I think I recognize the girl that modeled for this carving 

I wish!!!


----------



## bobj3 (Jan 17, 2006)

Hi BlueGoose

Me Too in my dreams...

By the way did you get your remote Vac. control built ?


===========



BlueGoose said:


> I think I recognize the girl that modeled for this carving
> 
> I wish!!!


----------



## challagan (Feb 7, 2006)

Cool stuff BJ, thanks for posting it! The lettering is the part I think is neat that the machine does... very cool! 

Corey


----------



## cabinetman (Apr 23, 2007)

I guess I'm just a fuddy duddy, but in my book, wood carving is done by hand.


----------



## bobj3 (Jan 17, 2006)

Hi cabinetman

Welcome to the new age of computers in woodworking and it's just the tip of the ice burg.... 

Just like the new chip in routers that control the speed.. for just one.

======



cabinetman said:


> I guess I'm just a fuddy duddy, but in my book, wood carving is done by hand.


----------



## cabinetman (Apr 23, 2007)

bobj3 said:


> Hi cabinetman
> 
> Welcome to the new age of computers in woodworking and it's just the tip of the ice burg....
> 
> ...



Izzat like a wood chip?


----------



## bobj3 (Jan 17, 2006)

Hi cabinetman

Izzat ??

Had to look that one up  

iz·zat /ˈɪzət/ Pronunciation Key - Show Spelled Pronunciation[iz-uht] Pronunciation Key - Show IPA Pronunciation
–noun Anglo-Indian.
1.	personal dignity or honor.
2.	personal prestige.

=======


----------



## challagan (Feb 7, 2006)

bobj3 said:


> Hi cabinetman
> 
> Izzat ??
> 
> ...


Bob... Izzat = Is That 

Corey


----------



## DougO (Jan 4, 2006)

Bobj3, 
Think I'm going with the store bought remote. I'm finding the parts cost more than the ones from Grizzly. I haven't given up yet though, I still think it is a interesting project.

thanks for your help


----------



## bobj3 (Jan 17, 2006)

Hi BlueGoose

You'er Welcome

I think that would be best for now,, it is a fun project but you almost need to have the parts you need just laying around...here's a small tip stop by a pawn shop they do have good deals on auto alarm systems now and then...I would say auto junk yards but most don't have the remote with the alarms the norm.
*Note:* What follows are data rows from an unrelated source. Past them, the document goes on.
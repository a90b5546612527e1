-- ===== src/Sdk/Verify/Payments.antt =====
-- packages/sdk/src/signin.ts: verifyPayment and findPayment. The node's answers are parameters; a log is
-- a `Paid` event that viem decoded.
mod Tests
use vera_key.Prelude.{
  ℕ, zero, suc, ◌+◌, ◌-◌, ◌/◌, String, Bool, true, false, ◌&&◌, List, [], ◌∷◌, Option, none, some,
  nat_beq, ltb, leb, ◌==◌, if◌then◌else◌,
}
use vera_key.Prelude.Text.{lower}
use vera_key.Sdk.Session.{Check}
use vera_key.Sdk.Payment.{Outcome, ok, refuses, crashes, Verdict}
use vera_key.Sdk.Verify.{or_else}

pub record PaidLog : Type 0 where
  pub account : String
  pub to : String
  pub amount : ℕ
  pub fee : ℕ

pub record TransactionReceipt : Type 0 where
  pub status : String
  pub paid : List PaidLog

-- What `attempt` makes of the node's answers: `none`, or false, for a failure.
pub record Transactions : Type 0 where
  pub receipt : String → Option TransactionReceipt
  pub is_known : String → Bool
  pub wait : (hash : String) (timeout : ℕ) → Option TransactionReceipt

abbrev pub wait_if : Bool → Option TransactionReceipt → Option TransactionReceipt
wait_if known waited = if known then waited else none

abbrev pub receipt_or_wait :
    Transactions
    → (hash : String) → Option ℕ
    → Option TransactionReceipt
    → Option TransactionReceipt
receipt_or_wait t hash timeout (some r) = some r
receipt_or_wait t hash timeout none =
    wait_if (t.is_known hash) (t.wait hash (or_else timeout 30000))

unfoldable pub fetch_receipt : Transactions → (hash : String) → Option ℕ → Option TransactionReceipt
fetch_receipt t hash timeout = receipt_or_wait t hash timeout (t.receipt hash)

unfoldable pub paid_by : (account : String) → List PaidLog → List PaidLog
paid_by account [] = []
paid_by account (log ∷ logs) =
    let rest = paid_by account logs in
    if lower log.account == lower account then log ∷ rest else rest

abbrev pub matches : (to : String) → (amount : ℕ) → PaidLog → Bool
matches to amount log = lower log.to == lower to && nat_beq log.amount amount

unfoldable pub find_match : (to : String) → (amount : ℕ) → List PaidLog → Option PaidLog
find_match to amount [] = none
find_match to amount (log ∷ logs) =
    let rest = find_match to amount logs in if matches to amount log then some log else rest

abbrev pub is_some : Option PaidLog → Bool
is_some none = false
is_some (some log) = true

abbrev pub is_not_empty : List PaidLog → Bool
is_not_empty [] = false
is_not_empty (log ∷ logs) = true

abbrev pub made : String → Bool → Option String → Check
made name passed detail = record { name = name; passed = passed; detail = detail }

abbrev pub fee_of : Option PaidLog → Option ℕ
fee_of none = none
fee_of (some log) = some log.fee

abbrev pub failed_with : (status : String) → Verdict
failed_with status = record {
  valid = false;
  fee = none;
  checks = made "Transaction succeeded" false (some status) ∷ [];
}

abbrev pub judge_match : (status : String) → List PaidLog → Option PaidLog → Verdict
judge_match status paid match =
    let valid = is_not_empty paid && is_some match in
    record {
      valid = valid;
      fee = if valid then fee_of match else none;
      checks =
          made "Transaction succeeded" true (some status)
          ∷ made "Paid by this player's account" (is_not_empty paid) none
          ∷ made "To this recipient, for this amount" (is_some match) none
          ∷ [];
    }

abbrev pub judge_receipt :
    (account to : String) → (amount : ℕ) → Option TransactionReceipt → Verdict
judge_receipt account to amount none = failed_with "not found"
judge_receipt account to amount (some r) =
    let paid = paid_by account r.paid in
    if r.status == "success"
    then judge_match r.status paid (find_match to amount paid)
    else failed_with r.status

-- `verifyPayment(hash, options)`
unfoldable pub verify_payment :
    Transactions → (hash account to : String) → (amount : ℕ) → (timeout : Option ℕ) → Verdict
unfolding fetch_receipt paid_by find_match
verify_payment t hash account to amount timeout =
    judge_receipt account to amount (fetch_receipt t hash timeout)

-- The node and the clock in findPayment's rounds: the latest block, the transaction hashes of the events
-- of an account and a nonce between two blocks, and the time, in milliseconds, once they were read.
pub record Rounds : Type 0 where
  pub latest : (round : ℕ) → Outcome ℕ
  pub events : (round : ℕ) → (account : String) → (nonce from to : ℕ) → Outcome (List String)
  pub time : (round : ℕ) → ℕ

abbrev pub from_block : Option ℕ → (latest : ℕ) → ℕ
from_block (some block) latest = block
from_block none latest = if ltb 10000 latest then latest - 10000 else 0

abbrev pub ask_events :
    Rounds
    → (account : String) → (nonce : ℕ) → Option ℕ
    → (round : ℕ) → Outcome ℕ
    → Outcome (List String)
ask_events r account nonce from round (ok latest) =
    r.events round account nonce (from_block from latest) latest
ask_events r account nonce from round (refuses e) = refuses e
ask_events r account nonce from round crashes = crashes

-- The events that a round finds.
unfoldable pub ask_round :
    Rounds → (account : String) → (nonce : ℕ) → Option ℕ → (round : ℕ) → Outcome (List String)
ask_round r account nonce from round = ask_events r account nonce from round (r.latest round)

-- A round, with what the next one gives; `none` is out of fuel.
abbrev pub end_round :
    (over : Bool)
    → Option (Outcome (Option String))
    → Outcome (List String)
    → Option (Outcome (Option String))
end_round over next (ok (hash ∷ hashes)) = some (ok (some hash))
end_round over next (ok []) = if over then some (ok none) else next
end_round over next (refuses e) = some (refuses e)
end_round over next crashes = some crashes

unfoldable pub find_from :
    (ask : ℕ → Outcome (List String))
    → (time : ℕ → ℕ) → (deadline fuel round : ℕ) → Option (Outcome (Option String))
find_from ask time deadline zero round = none
find_from ask time deadline (suc fuel) round =
    let next = find_from ask time deadline fuel (suc round) in
    end_round (leb deadline (time round)) next (ask round)

-- `findPayment(options)`; `start` is Date.now(), in milliseconds, at its start.
unfoldable pub find_payment :
    Rounds
    → (start : ℕ) → (account : String) → (nonce : ℕ) → (from timeout : Option ℕ)
    → Option (Outcome (Option String))
unfolding find_from ask_round
find_payment r start account nonce from timeout =
    let wait = or_else timeout 30000 in
    find_from (ask_round r account nonce from) r.time (start + wait) (suc (suc (wait / 2000))) 0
But you can get the base unit for a song at the auto junk yards...and you can buy the remotes from any CarToys outlet and then can reprogram it for the one you find.


----------



## unlimitedwoodworker (Mar 3, 2006)

why were all these made? to sell or were they all ordered? and who exactly made them?


----------



## dutchman 46 (May 23, 2007)

Thats Great. We have no dought , but BJ just made a comment... He got the same plan, more or less., Right BOB!


----------



## bobj3 (Jan 17, 2006)

Hi Howard

?????,, that kids post is 3 years old ..


=======



dutchman 46 said:


> Thats Great. We have no dought , but BJ just made a comment... He got the same plan, more or less., Right BOB!


----------



## Metalhead781 (Jul 27, 2010)

Well you wanna buy mine off me. It needs a chuck has about 20hrs on it if i remember. I'm kinda partial to my new machine. It can actually cut efficiently v carve any graphic not just text and do mortis and tenon work. OOOhh and dovetails and 3d raster carvings.


----------



## Dorisz11 (Aug 31, 2010)

more videos of CL?


----------